§ **Exercise brief**
Look through the entries below and extract exactly the lines from the one containing "Distinct-snoc (x ∷" through the one containing "pub bounded : size c.cache ≤ c.max_size", ends included.

(Stored data entries)
-- ===== src/Store/Lru/Order.antt =====
-- store/sos.py: the order of `_LRUDict` lists the keys of its cache, through every change.
use data_py_os.Base.{
  suc, ◌≤◌, ◌<◌, ◌≡◌, refl, ◌∙◌, ap, true, false, ◌&&◌, ◌||◌, not, Option, List, [], ◌∷◌, ◌++◌,
  arith,
}
use data_py_os.Base.Eq.{Eq, ◌==◌, ==_refl}
use data_py_os.Base.Dict.{
  Dict, lookup, insert, erase, has, size, IsDict, insert-IsDict, erase-IsDict, lookup-insert,
  lookup-erase, size-insert, size-erase,
}
use data_py_os.Base.Lists.{elem, length}
use data_py_os.Store.Lru.{LruDict, remove, evict}

module _ {ℓ} {K : Type ℓ} ⦃e : Eq K⦄ where
  -- No element twice.
  abbrev pub Distinct : List K → Type 0
  Distinct [] = Unit
  Distinct (x ∷ xs) = (elem x xs ≡ false) × Distinct xs

  elem-append : (k : K) (xs ys : List K) → elem k (xs ++ ys) ≡ (elem k xs || elem k ys)
  elem-append k [] ys = refl
  elem-append k (x ∷ xs) ys = ground (arith, elem-append k xs ys)

  length-snoc : (xs : List K) (k : K) → length (xs ++ k ∷ []) ≡ suc (length xs)
  length-snoc [] k = refl
  length-snoc (x ∷ xs) k = ap suc (length-snoc xs k)

  Distinct-snoc : (xs : List K) (k : K) → Distinct xs → elem k xs ≡ false → Distinct (xs ++ k ∷ [])
  Distinct-snoc [] k h n = (refl, tt)
  Distinct-snoc (x ∷ xs) k h n =
      ground
        (arith, elem-append x xs (k ∷ []), Distinct-snoc xs k h.1, e.beq_iff x k, e.beq_iff k x)

  pub elem-remove :
      (j k : K) (xs : List K) → Distinct xs → elem j (remove k xs) ≡ (not (j == k) && elem j xs)
  elem-remove j k [] h = ground arith
  elem-remove j k (x ∷ xs) h =
      ground (arith, e.beq_iff j k, e.beq_iff k x, e.beq_iff j x, elem-remove j k xs h.1)

  pub Distinct-remove : (k : K) (xs : List K) → Distinct xs → Distinct (remove k xs)
  Distinct-remove k [] h = tt
  Distinct-remove k (x ∷ xs) h = ground (arith, elem-remove x k xs h.1, Distinct-remove k xs h.1)

  pub length-remove :
      (k : K) (xs : List K) → elem k xs ≡ true → suc (length (remove k xs)) ≡ length xs
  length-remove k [] h = ground arith
  length-remove k (x ∷ xs) h = ground (arith, length-remove k xs)

module _ {ℓ κ} {K : Type ℓ} {V : Type κ} ⦃e : Eq K⦄ where
  -- The order lists exactly the keys of the cache, each once.
  pub record Tracks (c : LruDict K V) : Type (ℓ ⊔ κ) where
    pub keys : IsDict c.cache
    pub distinct : Distinct c.order
    pub same : (k : K) → elem k c.order ≡ has k c.cache
    pub counted : length c.order ≡ size c.cache

  pub record IsValid (c : LruDict K V) : Type (ℓ ⊔ κ) where
    pub tracks : Tracks c
    pub bounded : size c.cache ≤ c.max_size
    pub positive : 0 < c.max_size

  -- The cache as a partial map.
  abbrev pub entry : K → LruDict K V → Option V
  entry k c = lookup k c.cache

  -- the entry and the key at the most recent end
  abbrev pub push : K → V → LruDict K V → LruDict K V
  push k v c = record c { cache = insert k v c.cache; order = c.order ++ k ∷ [] }

  -- without the key in the order
  abbrev pub lift_out : K → LruDict K V → LruDict K V
  lift_out k c = record c { order = remove k c.order }

  pub has-insert : (j k : K) (v : V) (d : Dict K V) → has j (insert k v d) ≡ ((j == k) || has j d)
  has-insert j k v d = ground (arith, lookup-insert j k v d)

  pub has-erase :
      (j k : K) (d : Dict K V) → IsDict d → has j (erase k d) ≡ (not (j == k) && has j d)
  has-erase j k d h = ground (arith, lookup-erase j k d h)

  pub push-Tracks :
      (k : K) (v : V) (c : LruDict K V) → Tracks c → has k c.cache ≡ false → Tracks (push k v c)
  push-Tracks k v c t h = record {
    keys = insert-IsDict k v c.cache t.keys;
    distinct = Distinct-snoc c.order k t.distinct (t.same k ∙ h);
    same = λ j.
        ground (
          arith,
          elem-append j c.order (k ∷ []),
          has-insert j k v c.cache,
          t.same j,
          e.beq_iff j k,
        );
    counted = ground (arith, length-snoc c.order k, size-insert k v c.cache, t.counted);
  }

  -- a hit: the key moves to the recent end, and the entry is written or not
  pub repush-Tracks :
      (k : K) (v : V) (c : LruDict K V)
      → Tracks c
      → has k c.cache ≡ true
      → Tracks (push k v (lift_out k c))
  repush-Tracks k v c t h = record {
    keys = insert-IsDict k v c.cache t.keys;
    distinct =
        Distinct-snoc (remove k c.order) k (Distinct-remove k c.order t.distinct)
          (ground (arith, elem-remove k k c.order t.distinct, ==_refl k));
    same = λ j. ground (
      arith,
      elem-append j (remove k c.order) (k ∷ []),
      elem-remove j k c.order t.distinct,
      has-insert j k v c.cache,
      t.same j,
    );
    counted = ground (
      arith,
      length-snoc (remove k c.order) k,
      length-remove k c.order (t.same k ∙ h),
      size-insert k v c.cache,
      t.counted,
    );
  }

  pub evict-Tracks : (o : List K) (c : LruDict K V) → c.order ≡ o → Tracks c → Tracks (evict o c)
  unfolding evict
  evict-Tracks [] c p t = t
  evict-Tracks (old ∷ rest) c p t =
      let d : Distinct (old ∷ rest) = rw p at t.distinct in
      let here : has old c.cache ≡ true = ground (arith, t.same old, p, ==_refl old) in
      record {
        keys = erase-IsDict old c.cache t.keys;
        distinct = d.1;
        same = λ j. ground (arith, p, t.same j, has-erase j old c.cache t.keys, e.beq_iff j old, d);
        counted = omega (arith, ap length p, size-erase old c.cache here, t.counted);
      }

§ **Exercise solution**
  Distinct-snoc (x ∷ xs) k h n =
      ground
        (arith, elem-append x xs (k ∷ []), Distinct-snoc xs k h.1, e.beq_iff x k, e.beq_iff k x)

  pub elem-remove :
      (j k : K) (xs : List K) → Distinct xs → elem j (remove k xs) ≡ (not (j == k) && elem j xs)
  elem-remove j k [] h = ground arith
  elem-remove j k (x ∷ xs) h =
      ground (arith, e.beq_iff j k, e.beq_iff k x, e.beq_iff j x, elem-remove j k xs h.1)

  pub Distinct-remove : (k : K) (xs : List K) → Distinct xs → Distinct (remove k xs)
  Distinct-remove k [] h = tt
  Distinct-remove k (x ∷ xs) h = ground (arith, elem-remove x k xs h.1, Distinct-remove k xs h.1)

  pub length-remove :
      (k : K) (xs : List K) → elem k xs ≡ true → suc (length (remove k xs)) ≡ length xs
  length-remove k [] h = ground arith
  length-remove k (x ∷ xs) h = ground (arith, length-remove k xs)

module _ {ℓ κ} {K : Type ℓ} {V : Type κ} ⦃e : Eq K⦄ where
  -- The order lists exactly the keys of the cache, each once.
  pub record Tracks (c : LruDict K V) : Type (ℓ ⊔ κ) where
    pub keys : IsDict c.cache
    pub distinct : Distinct c.order
    pub same : (k : K) → elem k c.order ≡ has k c.cache
    pub counted : length c.order ≡ size c.cache

  pub record IsValid (c : LruDict K V) : Type (ℓ ⊔ κ) where
    pub tracks : Tracks c
    pub bounded : size c.cache ≤ c.max_size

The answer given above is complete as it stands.